On hostZ, at least zpool tank1 should already be created but tank1/backup/data01 should not.
Initial replication from hostX as root
# zfs-repl --host repl@hostZ --source pool0/data01 --dest tank1/backup/data01 --create-dest --dest-opt compression=lz4 --protocol NETCAT --compression GZIP
N.B. If pv (pipeview) is installed, you can add the '--stats' option to see how the replication progresses.
Hourly snapshot replication crontab entry
0 * * * * /usr/local/bin/zfs-repl --host repl@hostZ --source pool0/data01 --dest tank1/backup/data01 --protocol NETCAT --compression GZIP --snap-retain "-2 days" --dest-snap-retain "-7 days"
More examples to be added later.
mbuffer is available on many *nix distrobutions as part of the base operating system. On Red Hat EL6/CentOS 6 and other derived linux distrobutions, it is not included. I was able to find mbuffer from Fedora Core 13 works on CentOS 6 without issue.
There appears to be a bug in 'zfs on linux' when using the --dest-opt command line switch. Specifically, if you specify the compression property, 'zfs on linux' will override that value with the parent zfs dataset value.

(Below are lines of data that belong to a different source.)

-- ===== src/Api/Auth/Tokens.antt =====
-- Which tokens a bootstrap makes valid, for src/api/credentials.py.
use agentic_engineering_url.Prelude.{
  ◌<◌, String, ◌≡◌, refl, sym, ap, ◌∙◌, subst, inl, inr, Bool, true, false, not, ◌&&◌, none, some,
  List, [], ◌∷◌, arith, ◌==◌, eq_refl, nat_eq, is_some, eq→≡, Bool-cases, Option-cases, All,
  All-append,
}
use agentic_engineering_url.Sql.{fetch, count}
use agentic_engineering_url.Sql.Laws.{All-fetch, All-update, count_mono, fetch-holds, All-counted}
use agentic_engineering_url.Schema.Status.{Role, same_role}
use agentic_engineering_url.Api.Auth.{
  Provision, HashedEntry, SecretFiles, hash_token, hashed_entry, assign_hashed, assign_raw,
  provision_all, bootstrap, verify_token,
}

same_role_refl : (r : Role) → same_role r r ≡ true
same_role_refl Role.reviewer_approver = refl
same_role_refl Role.release_owner = refl

module _ (sha256 : String → String) where
  -- The entry is the provision's.
  abbrev is_from : HashedEntry → Provision → Bool
  is_from e p =
      (p.identity == e.identity)
      && (same_role p.role e.role
          && ((p.salt == e.salt) && (hash_token sha256 p.token p.salt == e.token_hash)))

  -- The token gives the provision's hash, under the provision's identity and role.
  abbrev accepts : (token identity : String) → Role → Provision → Bool
  accepts token identity role p =
      (p.identity == identity)
      && (same_role p.role role
          && (hash_token sha256 token p.salt == hash_token sha256 p.token p.salt))

  abbrev IsIssued : List Provision → HashedEntry → Type 0
  IsIssued ps e = 0 < count (is_from e) ps

  own_entry : (p : Provision) → is_from (hashed_entry sha256 p) p ≡ true
  own_entry p = ground (
    arith,
    eq_refl p.identity,
    same_role_refl p.role,
    eq_refl p.salt,
    eq_refl (hash_token sha256 p.token p.salt),
  )

  own_entries : (ps : List Provision) → All (λ p. IsIssued ps (hashed_entry sha256 p)) ps
  own_entries ps = All-counted (λ p q. is_from (hashed_entry sha256 p) q) own_entry ps

  assign_hashed-IsIssued :
      (ps : List Provision) (e : HashedEntry) (xs : List HashedEntry)
      → IsIssued ps e
      → All (IsIssued ps) xs
      → All (IsIssued ps) (assign_hashed e xs)
  assign_hashed-IsIssued ps e xs h k =
      elim (Bool-cases (nat_eq (count (λ x. x.identity == e.identity) xs) 0)) [
        | inl y ↦ rw y (All-append (IsIssued ps) xs (e ∷ []) k (h, tt))
        | inr n ↦ rw n (
            All-update (IsIssued ps) (IsIssued ps) (λ x. x.identity == e.identity) (λ x. e)
              (λ x i t. h) (λ x i t. i) xs k)
      ]

  provision_all-IsIssued :
      (ps rest : List Provision) (raw : List (String × String)) (hashed : List HashedEntry)
      → All (λ p. IsIssued ps (hashed_entry sha256 p)) rest
      → All (IsIssued ps) hashed
      → All (IsIssued ps) ((provision_all sha256 rest raw hashed).1)
  unfolding provision_all
  provision_all-IsIssued ps [] raw hashed h k = k
  provision_all-IsIssued ps (p ∷ rest) raw hashed h k =
      provision_all-IsIssued ps rest (assign_raw (p.identity, p.token) raw)
        (assign_hashed (hashed_entry sha256 p) hashed) h.1
        (assign_hashed-IsIssued ps (hashed_entry sha256 p) hashed h.0 k)

  accepted :
      (token : String) (e : HashedEntry)
      → (hash_token sha256 token e.salt == e.token_hash) ≡ true
      → (p : Provision) → is_from e p ≡ true
      → accepts token e.identity e.role p ≡ true
  accepted token e t p h =
      let salt = eq→≡ p.salt e.salt (ground arith) in
      let hash = eq→≡ (hash_token sha256 p.token p.salt) e.token_hash (ground arith) in
      let own : (hash_token sha256 token p.salt == hash_token sha256 p.token p.salt) ≡ true =
        subst (λ z. (hash_token sha256 token p.salt == z) ≡ true) (sym hash)
          (subst (λ z. (hash_token sha256 token z == e.token_hash) ≡ true) (sym salt) t) in
      ground arith

  verified-issued :
      (ps : List Provision) (files : SecretFiles) (cfg : List HashedEntry) (token identity : String)
      (role : Role)
      → files.hashed ≡ some cfg
      → All (IsIssued ps) cfg
      → verify_token sha256 files token ≡ some (identity, role)
      → 0 < count (accepts token identity role) ps
  unfolding verify_token
  verified-issued ps files cfg token identity role h k v =
      elim (Option-cases (fetch (λ e. hash_token sha256 token e.salt == e.token_hash) cfg)) [
        | inl n ↦ absurd (ground (arith, h, n))
        | inr q ↦
            let issued =
              All-fetch (IsIssued ps) (λ e. hash_token sha256 token e.salt == e.token_hash) cfg q.0
                k q.1 in
            let hit =
              fetch-holds (λ e. hash_token sha256 token e.salt == e.token_hash) cfg q.0 q.1 in
            let found : verify_token sha256 files token ≡ some (q.0.identity, q.0.role) =
              ground (arith, h, q.1) in
            let both = sym found ∙ v in
            let same : (q.0.identity ≡ identity) × (q.0.role ≡ role) = (
              ap (λ o. elim o [ none ↦ identity | some x ↦ x.0 ]) both,
              ap (λ o. elim o [ none ↦ role | some x ↦ x.1 ]) both,
            ) in
            let more =
              count_mono (is_from q.0) (accepts token q.0.identity q.0.role)
                (accepted token q.0 hit) ps in
            subst (λ i. 0 < count (accepts token i role) ps) same.0
              (subst (λ r. 0 < count (accepts token q.0.identity r) ps) same.1
                (omega (arith, issued, more)))
      ]

  -- Verified tokens share the hash of a provision of the bootstrap.
  verifies_only_hashed :
      (ps : List Provision) (force : Bool) (files : SecretFiles) (token identity : String)
      (role : Role)
      → is_some files.hashed && not force ≡ false
      → verify_token sha256 ((bootstrap sha256 ps force files).0) token ≡ some (identity, role)
      → 0 < count (accepts token identity role) ps
  unfolding bootstrap verify_token
  verifies_only_hashed ps force files token identity role g v =
      verified-issued ps (bootstrap sha256 ps force files).0 ((provision_all sha256 ps [] []).1)
        token identity role (ground (arith, g))
        (provision_all-IsIssued ps ps [] [] (own_entries ps) tt) v

  -- The provision has drawn this token for the identity and the role.
  abbrev pub is_issued : (token identity : String) → Role → Provision → Bool
  is_issued token identity role p =
      (p.token == token) && ((p.identity == identity) && same_role p.role role)

  -- The provision's hash meets that of no other token.
  abbrev IsApart : String → Provision → Type 0
  IsApart token p =
      ((hash_token sha256 token p.salt == hash_token sha256 p.token p.salt)
        && not (p.token == token))
      ≡ false

  issued-accepted :
      (token identity : String) (role : Role) (ps : List Provision)
      → All (IsApart token) ps
      → 0 < count (accepts token identity role) ps
      → 0 < count (is_issued token identity role) ps
  unfolding count
  issued-accepted token identity role [] h n = n
  issued-accepted token identity role (p ∷ ps) h n =
      elim (Bool-cases (accepts token identity role p)) [
        | inl y ↦ ground (arith, y, h.0)
        | inr f ↦ ground (arith, issued-accepted token identity role ps h.1 (ground (arith, f)))
      ]

  -- After a bootstrap that was forced or met no configuration, a token whose hash, under the salts of
  -- the bootstrap, meets that of no other token that the bootstrap has drawn, is verified only as an
  -- identity and a role for which the bootstrap has drawn that same token. So a token of an earlier
  -- bootstrap that was not drawn again is void.
  pub verifies_only_issued :
      (ps : List Provision) (force : Bool) (files : SecretFiles) (token identity : String)
      (role : Role)
      → is_some files.hashed && not force ≡ false
      → All (IsApart token) ps
      → verify_token sha256 ((bootstrap sha256 ps force files).0) token ≡ some (identity, role)
      → 0 < count (is_issued token identity role) ps
  verifies_only_issued ps force files token identity role g h v =
      issued-accepted token identity role ps h
        (verifies_only_hashed ps force files token identity role g v)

For example, if you have tank0/tmp on your target system with the 'compression' property set to the default of 'off' then any replicated dataset/file system under tank0/tmp will have the compression property set to 'off' no matter what you specify in the -dest-opt compression=xxx option.
To work around this, you can set the the parent dataset/file system to the compression value you want using the 'zfs set' command which will then be inherited.